» PROBLEM: In how many lines of these records does the word "keeps" appear? Give the number by itself.

[Collected data]
═══

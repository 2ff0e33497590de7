-- ===== src/SpiNor/Erase/Whole.antt =====
-- `ufprog_spi_nor_erase` as a whole, on a chip with one region of a block size `2 ^ k`.
use ufprog.Common.{
  ℕ, ◌+◌, ◌-◌, ◌%◌, ◌≤◌, ◌≡◌, refl, arith, ap, sym, ◌∙◌, u64, leb_of_gt, ltb_of_ge, ==_of_ne, ◌==◌,
  Bool-cases, inl, inr, done,
}
use native.Mathlib.Decide.{ℕ_discrete}
use ufprog.SpiNor.Api.{SpiMem, Snor, Setup, EraseRegion, EraseSectorInfo}
use ufprog.SpiNor.Regs.{bus_lock, bus_unlock}
use ufprog.SpiNor.Erase.{erase_block, erase_loop, erase, erase_result, get_erase_range, LoopEnd}
use ufprog.SpiNor.Erase.Plan.{IsUniform}
use ufprog.SpiNor.Erase.Range.{IsRange, get_erase_range-IsRange}
use ufprog.SpiNor.Erase.Sweep.{erase_loop-keeps, erase_loop-covers}

module _ {W : Type 0} (spi : SpiMem W) (setup : Setup W) (left_over : ℕ)
    (Supported : EraseSectorInfo → Type 0) (erg : EraseRegion) (k : ℕ)
    (uniform : IsUniform setup Supported erg k) (addr len : ℕ) (pos : 1 ≤ len)
    (inside : addr + len ≤ setup.size) where
  result_state :
      (end : ℕ) (l : LoopEnd spi setup left_over)
      → (erase_result spi setup left_over end l).1 ≡ bus_unlock spi setup l.state
  unfolding erase_result
  result_state end l = elim (Bool-cases (l.start == end)) [
    | inl whole ↦ rw whole refl
    | inr short ↦ rw short refl
  ]

  result_done :
      (end : ℕ) (l : LoopEnd spi setup left_over)
      → (erase_result spi setup left_over end l).0 ≡ done tt
      → l.start ≡ end
  unfolding erase_result
  result_done end l h = elim (ℕ_discrete l.start end) [
    | yes e ↦ e
    | no short ↦ absurd (cc (rw (==_of_ne l.start end short) at h))
  ]

  erase_runs :
      (start end : ℕ) (s : Snor W)
      → get_erase_range setup.size setup.erase_regions addr len ≡ done (start, end)
      → erase spi setup left_over addr len s
        ≡ erase_result spi setup left_over end
            (erase_loop spi setup left_over (end - start) start end (bus_lock spi setup s))
  unfolding erase
  erase_runs start end s range =
      let no_wrap : u64 (addr + len) ≡ addr + len = omega (arith, inside, uniform.fits_64) in
      rw
        (
          ==_of_ne setup.size 0 (λ z. omega (arith, z, uniform.not_empty)),
          leb_of_gt setup.size addr (omega (arith, pos, inside)),
          no_wrap,
          ltb_of_ge setup.size (addr + len) inside,
          range,
        )
        refl

  module _ (Safe : Snor W → Type 0) (locks : (s : Snor W) → Safe s → Safe (bus_lock spi setup s))
      (unlocks : (s : Snor W) → Safe s → Safe (bus_unlock spi setup s))
      (keep : (start end a : ℕ) (ei : EraseSectorInfo) (s : Snor W)
        → IsRange k setup.size addr len start end
        → start ≤ a
        → a + ei.size ≤ end
        → a % ei.size ≡ 0
        → Supported ei
        → Safe s
        → Safe (erase_block spi setup left_over a ei s).1) where
    -- Whatever holds before an erase within the chip, and is kept by the erasing of the aligned
    -- blocks that lie in the smallest range of whole blocks around it, holds after it: no other block
    -- is erased, also when a call fails.
    pub erase-keeps : (s : Snor W) → Safe s → Safe (erase spi setup left_over addr len s).1
    erase-keeps s safe =
        let (start, end, range, is_range) =
          get_erase_range-IsRange spi setup left_over Supported erg k uniform addr len pos inside in
        let swept =
          erase_loop-keeps spi setup left_over Supported erg k uniform end is_range.end_aligned
            is_range.on_chip start Safe (λ a ei s. keep start end a ei s is_range) (end - start)
            start (bus_lock spi setup s) is_range.start_aligned (omega arith) (locks s safe) in
        rw (erase_runs start end s range, result_state end _) (unlocks _ swept)

  module _ (Erased : ℕ → Snor W → Type 0)
      (locks : (a : ℕ) (s : Snor W) → Erased a s → Erased a (bus_lock spi setup s))
      (unlocks : (a : ℕ) (s : Snor W) → Erased a s → Erased a (bus_unlock spi setup s))
      (advance : (a : ℕ) (ei : EraseSectorInfo) (s : Snor W)
        → a + ei.size ≤ setup.size
        → a % ei.size ≡ 0
        → Supported ei
        → Erased a s
        → (erase_block spi setup left_over a ei s).0 ≡ done tt
        → Erased (a + ei.size) (erase_block spi setup left_over a ei s).1) where
    -- If erasing an aligned block extends what is erased to the block's end, then an erase within the
    -- chip that succeeds has erased the smallest range of whole blocks around it.
    pub erase-covers :
        (s : Snor W)
        → ((start end : ℕ) → IsRange k setup.size addr len start end → Erased start s)
        → (erase spi setup left_over addr len s).0 ≡ done tt
        → (start : ℕ) × (end : ℕ) × IsRange k setup.size addr len start end
          × Erased end (erase spi setup left_over addr len s).1
    erase-covers s begin h =
        let (start, end, range, is_range) =
          get_erase_range-IsRange spi setup left_over Supported erg k uniform addr len pos inside in
        let loop = erase_loop spi setup left_over (end - start) start end (bus_lock spi setup s) in
        let whole : loop.start ≡ end =
          result_done end loop (ap (λ p. p.0) (sym (erase_runs start end s range)) ∙ h) in
        let swept =
          erase_loop-covers spi setup left_over Supported erg k uniform end is_range.end_aligned
            is_range.on_chip start Erased
            (λ a ei s _ top. advance a ei s (omega (arith, top, is_range.on_chip))) (end - start)
            start (bus_lock spi setup s) is_range.start_aligned (omega arith)
            (locks start s (begin start end is_range)) whole in
        (
          start,
          end,
          is_range,
          rw (erase_runs start end s range, result_state end loop) (unlocks end _ swept),
        )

═══

» TASK RESULT: 4